Any one used www.bacteriostaticwateronline.co.uk ??

Am guessing UK based?


----------



## benki11 (Sep 17, 2010)

warsteiner said:


> http://www.assured-medical.co.uk/ for me. It used to be called SMS Health but changed for some reason.


Thanks god they have PayPal oderwise I would lose my money ?

It has been two weeks no answers or anything tomorrow I ll complain to PayPal !


----------



## Dynamo-N (May 9, 2013)

This site http://www.assured-medical.co.uk/ - service is utter Shyte - non existent.

I had to wait almost 4 weeks for mine. No replies to emails, not contact what so ever.

Eventually came through. Learned my lesson and would never use them again.


----------



## benki11 (Sep 17, 2010)

benki11 said:


> Thanks god they have PayPal oderwise I would lose my money ?
> 
> It has been two weeks no answers or anything tomorrow I ll complain to PayPal !


Got nothing but received my money back thanks to PayPal , who else sell bacteriostatic water and vials???


----------



## bigt185 (Jul 16, 2012)

I've been getting mine from www.peptides-uk.com

Well priced and the real deal so cant complain.


----------



## Test-e (Mar 26, 2014)

bigt185 said:


> I've been getting mine from www.peptides-uk.com
> 
> Well priced and the real deal so cant complain.

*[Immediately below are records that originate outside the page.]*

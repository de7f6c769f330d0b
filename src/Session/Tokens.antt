-- ===== src/Session/Tokens.antt =====
-- viewer/session.go: the session cookie, the television's token and the OAuth state cookie.
use phimtor.Base.{
  ℕ, ◌+◌, min, ◌≤◌, ◌<◌, Option, none, some, [], ◌∷◌, ◌++◌, All, All-append, All-mono, ◌≡◌, ◌≢◌,
  refl, ap, ◌∙◌, arith,
}
use phimtor.Base.Bytes.{Bytes, Lacks, codes}
use phimtor.Base.Decimal.{decimal, IsDigit, decimal-IsDigit, max_int64}
use phimtor.Session.{
  Signer, IsSigner, IsCode, IsPrinted, split_on, split_n, sign, verify, session_payload,
  device_payload, state_payload, session_ttl, state_ttl, device_token_ttl, set_session,
  read_session, mint_device_token, read_bearer, set_state, read_state, after_bearer, cut_at,
  lowered, session_of, state_of, bearer_of, bearer_token,
}
use phimtor.Session.Signing.{verify-sign}
use phimtor.Session.Fields.{
  session_fields-payload, bearer_fields-payload, state_fields-payload, session_fields-three,
  bearer_fields-three, state_fields-three, length-split_n,
}

decimal-IsPrinted : (n : ℕ) → All IsPrinted (decimal n)
decimal-IsPrinted n =
    All-mono IsDigit IsPrinted (decimal n) (λ c q. ground arith) (decimal-IsDigit n)

fields-IsPrinted : (n : ℕ) (s : Bytes) → All IsPrinted s → All IsPrinted (decimal n ++ b':' ∷ s)
fields-IsPrinted n s h =
    All-append IsPrinted (decimal n) (b':' ∷ s) (decimal-IsPrinted n) (omega arith, h)

device_payload-IsPrinted : (id device exp : ℕ) → All IsPrinted (device_payload id device exp)
unfolding device_payload
device_payload-IsPrinted id device exp =
    All-append IsPrinted (codes "v1tv:")
      (decimal id ++ b':' ∷ (decimal device ++ b':' ∷ decimal exp)) (omega arith)
      (fields-IsPrinted id _ (fields-IsPrinted device _ (decimal-IsPrinted exp)))

device_token-IsPrinted :
    (s : Signer) (key : Bytes) (now id device : ℕ)
    → IsSigner s
    → All IsPrinted (mint_device_token s key now id device)
unfolding mint_device_token sign
device_token-IsPrinted s key now id device h =
    All-append IsPrinted (device_payload id device (now + device_token_ttl)) _
      (device_payload-IsPrinted id device (now + device_token_ttl))
      (omega arith, All-mono IsCode IsPrinted _ (λ c q. ground arith) (h.encode-IsCode _))

device_token-ne-nil :
    (s : Signer) (key : Bytes) (now id device : ℕ) → mint_device_token s key now id device ≢ []
unfolding mint_device_token sign device_payload
device_token-ne-nil s key now id device q = ground arith

session_of-excludes :
    (now now' now'' id : ℕ) (o : Option Bytes)
    → session_of now o ≡ some id
    → (bearer_of now' o ≡ none) × (state_of now'' o ≡ none)
unfolding session_of bearer_of state_of
session_of-excludes now now' now'' id none h = (refl, refl)
session_of-excludes now now' now'' id (some payload) h = (
  bearer_fields-three now' (split_on b':' payload) (session_fields-three now id _ h),
  state_fields-three now'' (split_n 4 b':' payload)
      (length-split_n b':' 3 payload ∙ ap (λ n. min 4 n) (session_fields-three now id _ h)),
)

module _ (s : Signer) (key : Bytes) where
  -- The session cookie set for an account names that account until it expires.
  pub read_session-set_session :
      (now later id : ℕ)
      → IsSigner s
      → 0 < id
      → id ≤ max_int64
      → now + session_ttl ≤ max_int64
      → later < now + session_ttl
      → read_session s key later (some (set_session s key now id)) ≡ some id
  unfolding read_session set_session
  read_session-set_session now later id h p i e l =
      ap (session_of later) (
        verify-sign s key (session_payload id (now + session_ttl)) h
          (λ q. unfold session_payload in ground arith))
      ∙ (unfold session_of in session_fields-payload later id (now + session_ttl) p i e l)

  -- What the state cookie was set with, the nonce and the path whatever it holds, is read back
  -- until it expires.
  pub read_state-set_state :
      (now later : ℕ) (nonce next : Bytes)
      → IsSigner s
      → Lacks b':' nonce
      → now + state_ttl ≤ max_int64
      → later < now + state_ttl
      → read_state s key later (some (set_state s key now nonce next)) ≡ some (nonce, next)
  unfolding read_state set_state
  read_state-set_state now later nonce next h n e l =
      ap (state_of later) (
        verify-sign s key (state_payload nonce (now + state_ttl) next) h
          (λ q. unfold state_payload in ground arith))
      ∙ (unfold state_of in state_fields-payload later nonce (now + state_ttl) next n e l)

  after_bearer-token : (t : Bytes) → t ≢ [] → after_bearer (codes "Bearer " ++ t) ≡ some t
  unfolding after_bearer cut_at lowered
  after_bearer-token [] n = absurd (n refl)
  after_bearer-token (c ∷ t) n = refl

  -- The token minted for a television is read back from the header as its account and device until
  -- it expires.
  pub read_bearer-mint_device_token :
      (now later id device : ℕ)
      → IsSigner s
      → 0 < id
      → id ≤ max_int64
      → 0 < device
      → device ≤ max_int64
      → now + device_token_ttl ≤ max_int64
      → later < now + device_token_ttl
      → read_bearer s key later (codes "Bearer " ++ mint_device_token s key now id device)
        ≡ some (id, device)
  unfolding read_bearer
  read_bearer-mint_device_token now later id device h p i q d e l =
      ap (bearer_token s key later) (
        after_bearer-token (mint_device_token s key now id device)
          (device_token-ne-nil s key now id device))
      ∙ (unfold bearer_token mint_device_token in
          ap (λ t. bearer_of later (verify s key t))
            (h.trim_space-printed (mint_device_token s key now id device)
              (device_token-IsPrinted s key now id device h))
          ∙ ap (bearer_of later) (
              verify-sign s key (device_payload id device (now + device_token_ttl)) h
                (λ q. unfold device_payload in ground arith))
          ∙ (unfold bearer_of in
              bearer_fields-payload later id device (now + device_token_ttl) p i q d e l))

  -- A value that a session cookie may hold is worth nothing in the header of a television, however
  -- it is spaced, nor in the OAuth state cookie.
  pub read_session-excludes :
      (now now' now'' id : ℕ) (value raw token : Bytes)
      → read_session s key now (some value) ≡ some id
      → after_bearer raw ≡ some token
      → s.trim_space token ≡ value
      → (read_bearer s key now' raw ≡ none) × (read_state s key now'' (some value) ≡ none)
  unfolding read_session read_bearer read_state
  read_session-excludes now now' now'' id value raw token h a t =
      let other = session_of-excludes now now' now'' id (verify s key value) h in
      (
        ap (bearer_token s key now') a
            ∙ (unfold bearer_token in ap (λ v. bearer_of now' (verify s key v)) t)
            ∙ other.0,
        other.1,
      )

Combo Pack Includes: 10 x GHRP-2 5mg 1 x *Genuwine* Hospira Bacteriostatic Water 30ml.

Genuwine, seems legit lol.


----------



## mrproc (Oct 26, 2013)

I have been getting mine from the toilet, but am going to look elsewhere as starting to feel ill after every pin. Although for sterility purposes I could flush after a no.2 before aspirating the bog water into the pin?


----------



## IGotTekkers (Jun 6, 2012)

mrblonde said:


> As above, where is everyone getting their bac water at present?


i get mine from my online drug dealer.


----------



## Donnie Brasco (Oct 23, 2008)

Nice stash in my fridge , watch out for the copy's in different bottle, hospira have not changed there bottles.


----------



## maxed (Apr 11, 2014)

bigt185 said:


> I've been getting mine from www.peptides-uk.com
> 
> Well priced and the real deal so cant complain.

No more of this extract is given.